Handling Class File Duplicates

Sometimes the conflict isn't in META-INF but in actual .class files. This happens when two dependencies bundle the same class — often shaded or relocated copies of common libraries like Guava or commons-io.

// sbt assembly output
[error] deduplicate: different file contents found in the following:
[error]   .../guava-14.0.1.jar:com/google/common/base/Strings.class
[error]   .../guava-27.0-jre.jar:com/google/common/base/Strings.class

This is a different problem. Two versions of Guava ended up on the classpath, and they contain different bytecode for the same class. Using MergeStrategy.first here silences the error but might cause runtime failures if the wrong version wins.

The better fix is to resolve the version conflict at the dependency level:

// build.sbt
dependencyOverrides += "com.google.guava" % "guava" % "27.0-jre"

dependencyOverrides forces sbt to use a single version of the library across the entire dependency tree. This eliminates the duplicate class before sbt-assembly even sees it.

Use MergeStrategy.first for class conflicts only as a last resort — when you've confirmed the classes are functionally identical or when you can't resolve the version conflict upstream.

Spark with provided Scope

If your Spark dependencies are marked as provided (which they should be for cluster deployments), most of these conflicts go away. The Spark jars and their transitive dependencies aren't included in the fat jar at all — they're supplied by the cluster at runtime.

// build.sbt
libraryDependencies ++= Seq(
  "org.apache.spark" %% "spark-sql" % "3.4.1" % "provided",
)

With provided scope, your fat jar contains only your code and your non-Spark dependencies. This dramatically reduces both jar size and merge conflicts.
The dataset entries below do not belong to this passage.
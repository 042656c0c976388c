-- ===== src/Bridge.antt =====
-- src/bridge_node.cpp and include/ros_sub_pub.hpp: the node around the communication control.
pub mod Frequency
pub mod Wire
pub mod Callbacks
pub mod Pipeline
pub mod MsgTypes
pub mod Topics
pub mod Ports
pub mod Endpoint
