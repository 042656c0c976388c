-- ===== src/Dispatch/Calls.antt =====
-- Sequences of calls of the entry points: when they happen, and what they carry for each topic.
use swarm_ros_bridge.Common.{
  ℕ, ◌<◌, List, [], ◌∷◌, ◌++◌, append_assoc, ◌≡◌, refl, ◌==◌, Bool, true, false, if◌then◌else◌,
}
use swarm_ros_bridge.Topic.{Message}
use swarm_ros_bridge.Dispatch.{Call, sends, receives}

-- A call whose readings of the clock lie before `end`. The window decides a call at its first
-- locked block, so a send has two readings that matter.
abbrev pub Before : ℕ → Call → Type 0
Before end (sends i m t₁ t₂ t₃ t₄) = (t₁ < end) × (t₂ < end)
Before end (receives i m t₁ t₂) = (t₁ < end) × (t₂ < end)

abbrev pub AllBefore : ℕ → List Call → Type 0
AllBefore end [] = Unit
AllBefore end (c ∷ cs) = Before end c × AllBefore end cs

-- The messages that the calls carry for send topic `i`, and for receive topic `i`.
abbrev pub sends_on : ℕ → List Call → List Message
sends_on i [] = []
sends_on i (sends j m t₁ t₂ t₃ t₄ ∷ cs) = if j == i then m ∷ sends_on i cs else sends_on i cs
sends_on i (receives j m t₁ t₂ ∷ cs) = sends_on i cs

abbrev pub receives_on : ℕ → List Call → List Message
receives_on i [] = []
receives_on i (sends j m t₁ t₂ t₃ t₄ ∷ cs) = receives_on i cs
receives_on i (receives j m t₁ t₂ ∷ cs) = if j == i then m ∷ receives_on i cs else receives_on i cs

-- The messages of topic `j` after one more for topic `i`.
abbrev pub add_to : (ℕ → List Message) → ℕ → Message → ℕ → List Message
add_to ms i m j = ms j ++ (if i == j then m ∷ [] else [])

-- What a call adds to the messages of each topic.
abbrev pub add_send : Call → (ℕ → List Message) → ℕ → List Message
add_send (sends i m t₁ t₂ t₃ t₄) ss = add_to ss i m
add_send (receives i m t₁ t₂) ss = ss

abbrev pub add_recv : Call → (ℕ → List Message) → ℕ → List Message
add_recv (sends i m t₁ t₂ t₃ t₄) rs = rs
add_recv (receives i m t₁ t₂) rs = add_to rs i m

if-regroup {ℓ} :
    {A : Type ℓ} (b : Bool) (xs : List A) (a : A) (ys : List A)
    → (xs ++ (if b then a ∷ [] else [])) ++ ys ≡ xs ++ (if b then a ∷ ys else ys)
if-regroup true xs a ys = append_assoc xs (a ∷ []) ys
if-regroup false xs a ys = append_assoc xs [] ys

pub add_send-append :
    (c : Call) (cs : List Call) (ss : ℕ → List Message) (j : ℕ)
    → add_send c ss j ++ sends_on j cs ≡ ss j ++ sends_on j (c ∷ cs)
add_send-append (sends i m t₁ t₂ t₃ t₄) cs ss j = if-regroup (i == j) (ss j) m (sends_on j cs)
add_send-append (receives i m t₁ t₂) cs ss j = refl

pub add_recv-append :
    (c : Call) (cs : List Call) (rs : ℕ → List Message) (j : ℕ)
    → add_recv c rs j ++ receives_on j cs ≡ rs j ++ receives_on j (c ∷ cs)
add_recv-append (sends i m t₁ t₂ t₃ t₄) cs rs j = refl
add_recv-append (receives i m t₁ t₂) cs rs j = if-regroup (i == j) (rs j) m (receives_on j cs)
The merge strategy still matters for conflicts among your remaining dependencies, but you're dealing with far fewer of them.

Putting It Together

A complete build.sbt for a Spark project that builds a fat jar:

// build.sbt
name := "myproject"

scalaVersion := "2.13.11"
val sparkVersion = "3.4.1"

libraryDependencies ++= Seq(
  "org.apache.spark" %% "spark-sql" % sparkVersion % "provided",
  "com.lihaoyi" %% "utest" % "0.8.1" % "test",
)

testFrameworks += new TestFramework("utest.runner.Framework")
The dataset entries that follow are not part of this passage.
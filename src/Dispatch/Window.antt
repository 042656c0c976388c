-- ===== src/Dispatch/Window.antt =====
-- A fault window: each call inside it only moves its message to its topic's buffer.
use swarm_ros_bridge.Common.{
  ℕ, ◌<◌, true, false, some, List, [], ◌∷◌, ◌++◌, append-nil, length, length-modify, get_or,
  get_or-modify_self, get_or-modify_ne, modify, arith, ◌≡◌, subst, fun_ext, refl, sym, ap, ◌∙◌,
  ◌==◌, ==_iff, Bool-cases, inl, inr, lt→ltb,
}
use mathlib.Core.Bool.{false≢true}
use swarm_ros_bridge.Double.{Double}
use swarm_ros_bridge.Topic.{Message, FaultPolicy, drop}
use swarm_ros_bridge.World.{World, NodeFault, send_policy, recv_policy}
use swarm_ros_bridge.Fault.Policy.{
  apply_fault_policy_to_buffer, retained, apply_fault_policy-retained,
}
use swarm_ros_bridge.Replay.{flush_expired_fault_if_needed}
use swarm_ros_bridge.Dispatch.Calls.{
  Before, AllBefore, sends_on, receives_on, add_to, add_send, add_recv, add_send-append,
  add_recv-append,
}
use swarm_ros_bridge.Dispatch.{
  hold_sent, hold_received, admit, dispatch_send_message, dispatch_received_message, Call, sends,
  receives, run_call, run_calls,
}

module _ (policy : ℕ → FaultPolicy) (ms : ℕ → List Message) (bs : List (List Message)) (m : Message)
    (j : ℕ) (h : j < length bs) (e : get_or bs j [] ≡ retained (policy j) (ms j)) where
  abbrev StillHeld : ℕ → Type 0
  StillHeld i =
      get_or (modify bs i (apply_fault_policy_to_buffer (policy i) m)) j []
      ≡ retained (policy j) (add_to ms i m j)

  held-modify_self : StillHeld j
  held-modify_self =
      get_or-modify_self bs j _ [] h
      ∙ ap (apply_fault_policy_to_buffer (policy j) m) e
      ∙ apply_fault_policy-retained (policy j) m (ms j)
      ∙ rw ((==_iff j j).1 refl)

  -- One buffer after one more message, on its own topic or on another.
  held-modify : (i : ℕ) → StillHeld i
  held-modify i = elim (Bool-cases (i == j)) [
    | inl p ↦ subst StillHeld (sym ((==_iff i j).0 p)) held-modify_self
    | inr n ↦
        get_or-modify_ne bs i j _ [] (λ q. false≢true (sym n ∙ (==_iff i j).1 q))
        ∙ e
        ∙ rw (n, append-nil (ms j))
  ]

module _ {W : Type 0} ⦃d : Double W⦄ where
  -- The fault window is open until `f.until`, and nobody replays.
  pub record IsOpen (f : NodeFault W) : Type 0 where
    pub active : f.active ≡ true
    pub steady : f.recovering ≡ false

  -- One call inside the window only moves its message to its buffer.
  abbrev pub hold : Call → World W → World W
  hold (sends i m t₁ t₂ t₃ t₄) w = hold_sent i m w
  hold (receives i m t₁ t₂) w = hold_received i m w

  pub flush-open : (t : ℕ) (w : World W) → t < w.fault.until → flush_expired_fault_if_needed t w ≡ w
  unfolding flush_expired_fault_if_needed
  flush-open t w h = ground arith

  pub admit-open :
      (hold : World W → World W) (t : ℕ) (w : World W)
      → IsOpen w.fault
      → t < w.fault.until
      → admit hold t w ≡ some (true, hold w)
  unfolding admit
  admit-open hold t w o h = rw (o.steady, o.active, lt→ltb t w.fault.until h)

  pub dispatch_send-open :
      (i : ℕ) (m : Message) (t₁ t₂ t₃ t₄ : ℕ) (w : World W)
      → IsOpen w.fault
      → t₁ < w.fault.until
      → t₂ < w.fault.until
      → dispatch_send_message i m t₁ t₂ t₃ t₄ w ≡ some (hold_sent i m w)
  unfolding dispatch_send_message
  dispatch_send-open i m t₁ t₂ t₃ t₄ w o h k =
      rw (flush-open t₁ w h, admit-open (hold_sent i m) t₂ w o k)

  pub run_call-open :
      (c : Call) (w : World W)
      → IsOpen w.fault
      → Before w.fault.until c
      → run_call c w ≡ some (hold c w)
  unfolding run_call dispatch_send_message dispatch_received_message
  run_call-open (sends i m t₁ t₂ t₃ t₄) w o h =
      rw (flush-open t₁ w h.0, admit-open (hold_sent i m) t₂ w o h.1)
  run_call-open (receives i m t₁ t₂) w o h =
      rw (flush-open t₁ w h.0, admit-open (hold_received i m) t₂ w o h.1)

  -- The fault after calls inside the window: only the buffers differ, and each holds what its
  -- policy retains of the messages seen so far.
  pub record Held (w : World W) (ss rs : ℕ → List Message) (v : World W) : Type 0 where
    pub send_topics : v.send_topics ≡ w.send_topics
    pub recv_topics : v.recv_topics ≡ w.recv_topics
    pub controls : v.controls ≡ w.controls
    pub events : v.events ≡ w.events
    pub running : v.fault.thread_running ≡ w.fault.thread_running
    pub active : v.fault.active ≡ w.fault.active
    pub recovering : v.fault.recovering ≡ w.fault.recovering
    pub until : v.fault.until ≡ w.fault.until
    pub duration_sec : v.fault.duration_sec ≡ w.fault.duration_sec
    pub publish_callback : v.fault.publish_callback ≡ w.fault.publish_callback
    pub send_policies : v.fault.send_policies ≡ w.fault.send_policies
    pub recv_policies : v.fault.recv_policies ≡ w.fault.recv_policies
    pub send_count : length v.fault.send_buffers ≡ length w.fault.send_buffers
    pub recv_count : length v.fault.recv_buffers ≡ length w.fault.recv_buffers
    pub held_sends :
        (i : ℕ)
        → i < length w.fault.send_buffers
        → get_or v.fault.send_buffers i [] ≡ retained (send_policy w.fault i) (ss i)
    pub held_recvs :
        (i : ℕ)
        → i < length w.fault.recv_buffers
        → get_or v.fault.recv_buffers i [] ≡ retained (recv_policy w.fault i) (rs i)

  pub hold-Held :
      (w v : World W) (ss rs : ℕ → List Message) (c : Call)
      → Held w ss rs v
      → Held w (add_send c ss) (add_recv c rs) (hold c v)
  unfolding hold_sent hold_received
  hold-Held w v ss rs (sends i m t₁ t₂ t₃ t₄) h = record {
    send_topics = h.send_topics;
    recv_topics = h.recv_topics;
    controls = h.controls;
    events = h.events;
    running = h.running;
    active = h.active;
    recovering = h.recovering;
    until = h.until;
    duration_sec = h.duration_sec;
    publish_callback = h.publish_callback;
    send_policies = h.send_policies;
    recv_policies = h.recv_policies;
    send_count = length-modify v.fault.send_buffers i _ ∙ h.send_count;
    recv_count = h.recv_count;
    held_sends = λ j k.
        subst
          (λ (ps : List FaultPolicy).
            get_or
              (modify v.fault.send_buffers i (apply_fault_policy_to_buffer (get_or ps i drop) m)) j
              []
            ≡ retained (send_policy w.fault j) (add_to ss i m j))
          (sym h.send_policies)
          (held-modify (send_policy w.fault) ss v.fault.send_buffers m j (rw h.send_count k)
            (h.held_sends j k) i);
    held_recvs = h.held_recvs;
  }
  hold-Held w v ss rs (receives i m t₁ t₂) h = record {
    send_topics = h.send_topics;
    recv_topics = h.recv_topics;
    controls = h.controls;
    events = h.events;
    running = h.running;
    active = h.active;
    recovering = h.recovering;
    until = h.until;
    duration_sec = h.duration_sec;
    publish_callback = h.publish_callback;
    send_policies = h.send_policies;
    recv_policies = h.recv_policies;
    send_count = h.send_count;
    recv_count = length-modify v.fault.recv_buffers i _ ∙ h.recv_count;
    held_sends = h.held_sends;
    held_recvs = λ j k.
        subst
          (λ (ps : List FaultPolicy).
            get_or
              (modify v.fault.recv_buffers i (apply_fault_policy_to_buffer (get_or ps i drop) m)) j
              []
            ≡ retained (recv_policy w.fault j) (add_to rs i m j))
          (sym h.recv_policies)
          (held-modify (recv_policy w.fault) rs v.fault.recv_buffers m j (rw h.recv_count k)
            (h.held_recvs j k) i);
  }

  pub Held-IsOpen :
      (w v : World W) (ss rs : ℕ → List Message) → Held w ss rs v → IsOpen w.fault → IsOpen v.fault
  Held-IsOpen w v ss rs h o = record {
    active = h.active ∙ o.active;
    steady = h.recovering ∙ o.steady;
  }

  -- A world in which calls `cs` have been made on top of the messages `ss` and `rs`.
  abbrev pub HeldAfter :
      World W → (ℕ → List Message) → (ℕ → List Message) → List Call → World W → Type 0
  HeldAfter w ss rs cs = Held w (λ j. ss j ++ sends_on j cs) (λ j. rs j ++ receives_on j cs)

  Held-nil : (w v : World W) (ss rs : ℕ → List Message) → Held w ss rs v → HeldAfter w ss rs [] v
  Held-nil w v ss rs h =
      subst (λ (f : ℕ → List Message). Held w f (λ j. rs j ++ []) v)
        (fun_ext λ j. sym (append-nil (ss j)))
        (subst (λ (f : ℕ → List Message). Held w ss f v) (fun_ext λ j. sym (append-nil (rs j))) h)

  Held-cons :
      (w v : World W) (ss rs : ℕ → List Message) (c : Call) (cs : List Call)
      → HeldAfter w (add_send c ss) (add_recv c rs) cs v
      → HeldAfter w ss rs (c ∷ cs) v
  Held-cons w v ss rs c cs h =
      subst (λ (f : ℕ → List Message). Held w f (λ j. rs j ++ receives_on j (c ∷ cs)) v)
        (fun_ext (add_send-append c cs ss))
        (subst (λ (f : ℕ → List Message). Held w (λ j. add_send c ss j ++ sends_on j cs) f v)
          (fun_ext (add_recv-append c cs rs)) h)

  -- Every sequence of calls inside the window returns, and holds its messages.
  pub run_calls-Held :
      (w : World W) (cs : List Call) (v : World W) (ss rs : ℕ → List Message)
      → IsOpen w.fault
      → AllBefore w.fault.until cs
      → Held w ss rs v
      → (u : World W) × (run_calls cs v ≡ some u) × HeldAfter w ss rs cs u
  unfolding run_calls
  run_calls-Held w [] v ss rs o b h = (v, refl, Held-nil w v ss rs h)
  run_calls-Held w (c ∷ cs) v ss rs o b h =
      let step =
        run_call-open c v (Held-IsOpen w v ss rs h o)
          (subst (λ (t : ℕ). Before t c) (sym h.until) b.0) in
      let (u, run, held) =
        run_calls-Held w cs (hold c v) (add_send c ss) (add_recv c rs) o b.1
          (hold-Held w v ss rs c h) in
      (u, rw step run, Held-cons w u ss rs c cs held)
assembly / assemblyMergeStrategy := {
  case PathList("META-INF", "services", _*)  => MergeStrategy.concat
  case PathList("META-INF", _*)              => MergeStrategy.discard
  case "reference.conf"                      => MergeStrategy.concat
  case x =>
    val oldStrategy = (assembly / assemblyMergeStrategy).value
    oldStrategy(x)
}

This handles the vast majority of Spark assembly conflicts. If you hit a new conflict, the error message tells you exactly which files collide — add a targeted rule for that path rather than broadening an existing one.

Debugging Merge Conflicts

When you hit a new conflict and aren't sure which strategy to use, check what the conflicting files actually contain:

// Run from your project root
jar tf path/to/dependency.jar | grep "conflicting/path"

If the files are identical, deduplicate (the default) would have passed — so the files differ. Look at the content to decide:

Text files with additive content (service registrations, config) → concat
Metadata you don't need (manifests, licenses, signatures) → discard
Class files → Fix the version conflict with dependencyOverrides first, fall back to first if needed

Avoid using first or last as a blanket strategy. They silence errors but can hide real problems — like shipping a jar with the wrong version of a transitive class that causes a NoSuchMethodError in production.